Robiłem wszystko zgodnie z wiki gentoo także wkompilowałem wszystko co trzeba (żadnych modułów jeśli chodzi o FB_*)

CONFIG_INITRAMFS_SOURCE  także podałem.

fbcondecor bootuje się przy starcie.

Praktycznie wszystko co sugerowaliście wyżej mam zrobione.

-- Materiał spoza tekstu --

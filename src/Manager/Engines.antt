-- ===== src/Manager/Engines.antt =====
-- `SubscriptionManager`. Engines are objects with a number, and so are the types of keys and the
-- lists of argument types.
use cpp_jam.Common.{
  ℕ, suc, Bool, true, false, List, [], ◌∷◌, Option, none, some, if◌then◌else◌, ◌==◌, map,
}
use cpp_jam.Common.Maps.{find, assign}

-- `disposals` are the calls of `dispose`, of engines and, as none, of the dispatcher, the last one first.
pub record Manager : Type 0 where
  pub engines : List (ℕ × ℕ)
  pub next_object : ℕ
  pub disposed : Bool
  pub disposals : List (Option ℕ)

-- The template's arguments.
pub record Request : Type 0 where
  pub event_key : ℕ
  pub args : ℕ

-- `hash` is that of the text that names the function and its template arguments.
unfoldable pub engine_id : (ℕ → ℕ) → Request → ℕ
engine_id hash r = hash r.args

unfoldable pub create_missing : ℕ → Manager → Option ℕ → ℕ × Manager
create_missing id m (some it) = (it, m)
create_missing id m none = (
  m.next_object,
  record m { engines = assign id m.next_object m.engines; next_object = suc m.next_object },
)

-- What `getEngine` does under the lock that is not shared.
unfoldable pub look_again : ℕ → Manager → ℕ × Manager
look_again id m = create_missing id m (find id m.engines)

-- The engine whose `notifyDelayed` is called, if there is one.
unfoldable pub engine_to_notify : (ℕ → ℕ) → Request → Manager → Option ℕ
engine_to_notify hash r m = find (engine_id hash r) m.engines

-- The engines are walked in an order that the code does not fix: `arrange` gives it.
unfoldable pub dispose : (List ℕ → List ℕ) → Manager → Manager
dispose arrange m = if m.disposed then m else record m {
  disposed = true;
  disposals = none ∷ map some (arrange (map (λ p. p.1) m.engines));
}

-- Threads with their calls of `getEngine`: a request that was not found under the shared lock waits
-- for the other one. `returned` are the engines that were returned, the last one first.
pub record World : Type 0 where
  pub manager : Manager
  pub waiting : ℕ → Option Request
  pub returned : List (Request × ℕ)

abbrev pub update : ℕ → Option Request → (ℕ → Option Request) → ℕ → Option Request
update tid v f x = if tid == x then v else f x

unfoldable pub after_look : ℕ → Request → World → Option ℕ → World
after_look tid r w (some it) = record w { returned = (r, it) ∷ w.returned }
after_look tid r w none = record w { waiting = update tid (some r) w.waiting }

-- The thread `tid` begins a call, unless it is in one.
unfoldable pub begin : (ℕ → ℕ) → ℕ → Request → World → Option Request → World
begin hash tid r w (some r') = w
begin hash tid r w none = after_look tid r w (find (engine_id hash r) w.manager.engines)

unfoldable pub finish : (ℕ → ℕ) → ℕ → World → Option Request → World
finish hash tid w none = w
finish hash tid w (some r) =
    let result = look_again (engine_id hash r) w.manager in
    record w {
      manager = result.1;
      waiting = update tid none w.waiting;
      returned = (r, result.0) ∷ w.returned;
    }

pub data Event : Type 0 where
  begins : (tid : ℕ) → Request → Event
  finishes : (tid : ℕ) → Event
  disposes : Event

module _ (hash : ℕ → ℕ) (arrange : List ℕ → List ℕ) where
  unfoldable pub step : Event → World → World
  step (begins tid r) w = begin hash tid r w (w.waiting tid)
  step (finishes tid) w = finish hash tid w (w.waiting tid)
  step disposes w = record w { manager = dispose arrange w.manager }

  unfoldable pub run : List Event → World → World
  run [] w = w
  run (e ∷ es) w = run es (step e w)

abbrev pub initial : World
initial = record {
  manager = record { engines = []; next_object = 0; disposed = false; disposals = [] };
  waiting = λ tid. none;
  returned = [];
}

U mnie problem jest nadal otwarty.

----------

## ArnVaker

 *crh wrote:*   

> Nie mogę znaleźć takiej opcji w kernelu: CONFIG_FB_CON_DECOR. Nie ma jej.

 

W waniliowym jajku nie ma i trzeba patchować, w gentoo-sources chyba jest, w zen-sources jest na bank. Musisz ją wkompilować, przecież to "serce" całego tego "mechanizmu", bez tego to w ogóle nie ma prawa działać...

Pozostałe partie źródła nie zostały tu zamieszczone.